対峙し、僅かな時が過ぎ、少女はゆっくりと右足を前に踏み出す。自分の間合いにケルベロスを捕捉し、腰を僅かに落とし、槍を引く。静かに口から吐き出された息が白く凍り付き、ゆっくりと瞼を開かれたケルベロスと視線が交錯する。
少女の体を覆う光が徐々に弱まり、一点へと集まる。彼女の手に構える槍の先へと。自らの守りを捨て、この一撃に全てを賭けるつもりなのだと、ケルベロスは悟り息を呑んだ。
と、その時、彼女の鼻から血が静かに流れ出す。あの光は彼女の肉体に対し、相当の負荷を掛けるいわば諸刃の剣の様な力だったのだ。
「ぐぅっ……」
僅かに彼女の呼吸が乱れ、その表情が苦悶に歪む。膝が僅かに落ち、地面に着いてしまいそうになるが、彼女はそれを堪えジッとケルベロスの姿を見据える。
ケルベロスもそんな彼女の姿をジッと見据えていた。自分が今出来るのは、この暴走する肉体をその場に抑え付ける事だけ。その為、ケルベロスは自分の意思をしっかりと保ちながら、少女の目を真っ直ぐに見据え、その一撃をただひたすら待った。
ケルベロスにとって長い長い数秒程の時が過ぎ、ようやく彼女が動き出す。右足へと全体重を乗せ、柄を握る手に力を込め、彼女は叫ぶ。
「シャイニングスピア!」
と。踏み込んだ右足に体重を乗せ、力いっぱいに地面を蹴り、腰を回転させその勢いを乗せ一気に光り輝く槍を突き出す。連動されたその彼女の今出せる最大の一撃。かわす事など容易く出来るその一撃を、ケルベロスは見届ける。自分の胸へと突き刺さる切っ先を、その目でしっかりと。
痛みはただ一瞬。その後、ケルベロスの意識はプツリと途切れ、大量の鮮血を放射線状にばら撒いたその肉体は、背中から刃を突き出させ静かに膝から崩れ落ちた。
だが、それと同時、彼女自身も倒れ込む。力を使い果たして。そして、ケルベロスの体を貫いた槍は静かに光の粒子となりその場から消滅した。
横たわる二人。静まる空気。無音の中で数秒の時が過ぎる。呆然としていたシオが、ようやくこの状況を把握し叫ぶ。
「冬華!」
シオが叫び、冬華と呼んだ少女の方へと走り出す。まだ少しだけ意識の残っていたケルベロスは、そんなシオの姿を薄れ行く視界の中に見据え、その瞼は静かに閉じられた。

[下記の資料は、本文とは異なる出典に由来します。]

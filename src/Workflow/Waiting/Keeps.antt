-- ===== src/Workflow/Waiting/Keeps.antt =====
-- A waiting step is settled or left: nothing becomes pending, and no step's action is sent.
use era_ai.Prelude.{
  ℕ, String, refl, Bool, true, false, Option, none, some, Bool-cases, inl, inr, str_eq, arith,
}
use era_ai.Prelude.Results.{Result, ok, err}
use era_ai.Core.Enums.{Outcome}
use era_ai.Value.{Fields}
use era_ai.Gate.Records.{ExecutionContext, ConfirmationStatus}
use era_ai.Workflow.Definition.{DefinitionError, WorkflowExpect, WorkflowStep}
use era_ai.Workflow.Run.{
  Message, dispatch_outcome, StepRow, EngineState, Services, set_run_failed, ticked,
}
use era_ai.Workflow.Run.Rows.{Calm, Calm-refl, Calm-trans, rows-Kept}
use era_ai.Workflow.Step.{inspect_action}
use era_ai.Workflow.Step.Keeps.{send-none-Calm}
use era_ai.Workflow.Waiting.{
  revalidate_expect, expect_of, revalidate_step, revalidate_post_condition, complete_waiting,
  skip_waiting, after_revalidation, on_used, on_outcome, on_denied_confirmation, denied_step, on_id,
  step_def_for, on_confirmation, no_confirmation, handle_waiting_step,
}

module _ (sv : Services) (ctx : ExecutionContext) where
  revalidate-Calm :
      (i : ℕ) (d : WorkflowStep) (r : Result DefinitionError Fields) (s : EngineState)
      → Calm i s (revalidate_expect sv ctx d r s).1
  unfolding revalidate_expect
  revalidate-Calm i d (err e) s = Calm-refl i s
  revalidate-Calm i d (ok expect) s = send-none-Calm sv ctx i inspect_action s

  expect_of-Calm :
      (i : ℕ) (d : WorkflowStep) (e : Option WorkflowExpect) (s : EngineState)
      → Calm i s (expect_of sv ctx d e s).1
  unfolding expect_of
  expect_of-Calm i d none s = Calm-refl i s
  expect_of-Calm i d (some e) s = revalidate-Calm i d _ s

  revalidate_step-Calm :
      (i : ℕ) (d : Option WorkflowStep) (s : EngineState) → Calm i s (revalidate_step sv ctx d s).1
  unfolding revalidate_step
  revalidate_step-Calm i none s = Calm-refl i s
  revalidate_step-Calm i (some d) s = expect_of-Calm i d d.expect s

  revalidate_post_condition-Calm :
      (i idx : ℕ) (s : EngineState) → Calm i s (revalidate_post_condition sv ctx idx s).1
  unfolding revalidate_post_condition
  revalidate_post_condition-Calm i idx s = revalidate_step-Calm i (step_def_for sv ctx s.run idx) s

  complete_waiting-Calm :
      (i idx : ℕ) (cid : String) (s : EngineState) → Calm i s (complete_waiting sv ctx idx cid s)
  unfolding complete_waiting
  complete_waiting-Calm i idx cid s =
      (rows-Kept idx i _ s record { index = λ r. refl; settles = λ r k. ground (arith, k) }).calm

  skip_waiting-Calm : (i idx : ℕ) (s : EngineState) → Calm i s (skip_waiting sv ctx idx s)
  unfolding skip_waiting
  skip_waiting-Calm i idx s =
      (rows-Kept idx i _ s record { index = λ r. refl; settles = λ r k. ground (arith, k) }).calm

  failed-Calm : (i : ℕ) (m : Message) (s : EngineState) → Calm i s (set_run_failed m s)
  unfolding set_run_failed
  failed-Calm i m s = record { who = refl; later = omega arith; back = λ h. h; same = refl }

  after_revalidation-Calm :
      (i idx : ℕ) (cid : String) (p : Bool × EngineState)
      → Calm i p.1 (after_revalidation sv ctx idx cid p).1
  unfolding after_revalidation
  after_revalidation-Calm i idx cid (true, s) = complete_waiting-Calm i idx cid s
  after_revalidation-Calm i idx cid (false, s) = failed-Calm i _ s

  on_outcome-Calm :
      (i : ℕ) (o : Option Outcome) (idx : ℕ) (cid : String) (s : EngineState)
      → Calm i s (on_outcome sv ctx o idx cid s).1
  unfolding on_outcome
  on_outcome-Calm i none idx cid s = failed-Calm i _ s
  on_outcome-Calm i (some Outcome.executed) idx cid s =
      Calm-trans i s (revalidate_post_condition sv ctx idx s).1 _
        (revalidate_post_condition-Calm i idx s)
        (after_revalidation-Calm i idx cid (revalidate_post_condition sv ctx idx s))
  on_outcome-Calm i (some o) idx cid s = failed-Calm i (dispatch_outcome o) s

  denied_step-Calm :
      (i : ℕ) (d : Option WorkflowStep) (idx : ℕ) (s : EngineState)
      → Calm i s (denied_step sv ctx d idx s).1
  unfolding denied_step
  denied_step-Calm i none idx s = Calm-refl i s
  denied_step-Calm i (some d) idx s = elim (Bool-cases (str_eq d.on_denied "skip")) [
    | inl q ↦ rw q (skip_waiting-Calm i idx s)
    | inr q ↦ rw q (Calm-refl i s)
  ]

  ticked-Calm : (i : ℕ) (s t : EngineState) → Calm i (ticked s) t → Calm i s t
  unfolding ticked
  ticked-Calm i s t c = record {
    who = c.who;
    later = omega (arith, c.later);
    back = c.back;
    same = c.same;
  }

  on_confirmation-Calm :
      (i idx : ℕ) (cid : String) (c : Option ConfirmationStatus) (s : EngineState)
      → Calm i s (on_confirmation sv ctx idx cid c s).1
  unfolding on_confirmation on_denied_confirmation on_used
  on_confirmation-Calm i idx cid none s = failed-Calm i _ s
  on_confirmation-Calm i idx cid (some ConfirmationStatus.pending) s = Calm-refl i s
  on_confirmation-Calm i idx cid (some ConfirmationStatus.used) s =
      ticked-Calm i s _ (on_outcome-Calm i _ idx cid (ticked s))
  on_confirmation-Calm i idx cid (some ConfirmationStatus.denied) s =
      denied_step-Calm i (step_def_for sv ctx s.run idx) idx s
  on_confirmation-Calm i idx cid (some ConfirmationStatus.expired) s = failed-Calm i _ s

  on_id-Calm :
      (i : ℕ) (cid : Option String) (idx : ℕ) (s : EngineState)
      → Calm i s (on_id sv ctx cid idx s).1
  unfolding on_id no_confirmation
  on_id-Calm i none idx s = failed-Calm i _ s
  on_id-Calm i (some cid) idx s = elim (Bool-cases (str_eq cid "")) [
    | inl q ↦ rw q (failed-Calm i _ s)
    | inr q ↦ rw q (ticked-Calm i s _ (on_confirmation-Calm i idx cid _ (ticked s)))
  ]

  pub handle_waiting_step-Calm :
      (i : ℕ) (row : StepRow) (s : EngineState) → Calm i s (handle_waiting_step sv ctx row s).1
  unfolding handle_waiting_step
  handle_waiting_step-Calm i row s = on_id-Calm i row.confirmation_id row.step_index s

それから、どれ位の時が過ぎたのか、ケルベロスは目を覚ました。空を彩る無数の星空を見上げ、貫かれたはずの胸へと右手を乗せる。
「生きてる……のか?」
胸に傷は無く、ケルベロスは静かに体を起こす。だが、僅かに体に走った痛みに「うっ」と声を漏らし、ケルベロスの表情が苦痛に歪んだ。暴走した事による反動で、ケルベロスの肉体はボロボロだった。魔力も殆ど残っておらず、体は重く動くのも辛い。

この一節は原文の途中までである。